#### EXERCISE BRIEF
In the data below, find every line that has the string "Wiring", and copy it.

#### SOURCE MATERIAL
..........
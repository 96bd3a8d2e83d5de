-- ===== src/Scenarios/Topics.antt =====
-- The callback of a refund through the broker, with the configuration of configs/config.yaml and with
-- an empty one.
use group_buy_market.Prelude.{◌≡◌, refl, pos, String, str_eq, inl, inr, map, none, [], ◌∷◌}
use group_buy_market.Repository.Tasks.{refund_task, refund_parameter, to_notify_entity}
use group_buy_market.Wiring.Config.{TopicConfig, RabbitMqConfig, NotifyConfig}
use group_buy_market.Wiring.Broker.{Queues, event_publish}
use group_buy_market.Wiring.Topics.{wired, routing_key_of, refund_callback-misrouted}
use group_buy_market.Scenarios.Market.{calm, refund_of}
use group_buy_market.Wiring.Restore.{body_of, refund_callback-restores}
use group_buy_market.Trade.StockKey.{generate_recovery_team_stock_key, itoa, digits_loop}
use group_buy_market.Service.Refund.{strategy_map}
use group_buy_market.Repository.Stock.Once.{recovered_once}
use group_buy_market.Trigger.Listener.{team_refund_handler, consume}

abbrev topic_config : String → String → TopicConfig
topic_config key queue = record { routing_key = key; queue = queue }

abbrev mq : RabbitMqConfig
mq = record {
  url = "amqp://localhost/";
  exchange = "group_buy_market_exchange";
  team_success = topic_config "topic.team_success" "success";
  team_refund = topic_config "topic.team_refund" "refund";
}

abbrev notify : NotifyConfig
notify = record {
  topic_team_success = "topic.team_success";
  topic_team_refund = "topic.team_refund";
  http_timeout_sec = pos 5;
}

abbrev empty : Queues
empty queue = []

refund_callback-restores_example :
    let task =
      to_notify_entity
        (refund_task (pos 9) "topic.team_refund" (refund_of "bob" "o2" "n2") "c" "unpaid_unlock") in
    consume
      (team_refund_handler (strategy_map (pos 20) "refunds"))
      (map body_of (
        (event_publish str_eq
            (wired mq notify)
            none
            (routing_key_of task)
            task.parameter_json
            empty).1
          "refund"))
      calm
    ≡ ([], recovered_once (generate_recovery_team_stock_key (pos 100) "T") "o2" calm)
unfolding generate_recovery_team_stock_key itoa digits_loop
refund_callback-restores_example =
    refund_callback-restores str_eq mq notify (λ key. refl) (λ key. refl)
      (record { named = refl; same = inr refl; apart = refl }) (pos 9) (pos 20) "refunds"
      (refund_of "bob" "o2" "n2") "c" "unpaid_unlock" empty calm (inl refl) refl refl refl refl refl

abbrev no_mq : RabbitMqConfig
no_mq = record {
  url = "";
  exchange = "";
  team_success = topic_config "" "success";
  team_refund = topic_config "" "refund";
}

abbrev no_notify : NotifyConfig
no_notify = record { topic_team_success = ""; topic_team_refund = ""; http_timeout_sec = pos 5 }

refund_callback-misrouted_example :
    let task =
      to_notify_entity (refund_task (pos 9) "" (refund_of "bob" "o2" "n2") "c" "unpaid_unlock") in
    (event_publish str_eq
        (wired no_mq no_notify)
        none
        (routing_key_of task)
        task.parameter_json
        empty).1
      "success"
    ≡ refund_parameter (refund_of "bob" "o2" "n2") "unpaid_unlock" ∷ []
refund_callback-misrouted_example =
    refund_callback-misrouted str_eq no_mq no_notify (λ key. refl) (λ key. refl) (pos 9)
      (refund_of "bob" "o2" "n2") "c" "unpaid_unlock" empty "success" refl refl refl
..........
#### RESPONSE TO THE EXERCISE
use group_buy_market.Wiring.Config.{TopicConfig, RabbitMqConfig, NotifyConfig}
use group_buy_market.Wiring.Broker.{Queues, event_publish}
use group_buy_market.Wiring.Topics.{wired, routing_key_of, refund_callback-misrouted}
use group_buy_market.Wiring.Restore.{body_of, refund_callback-restores}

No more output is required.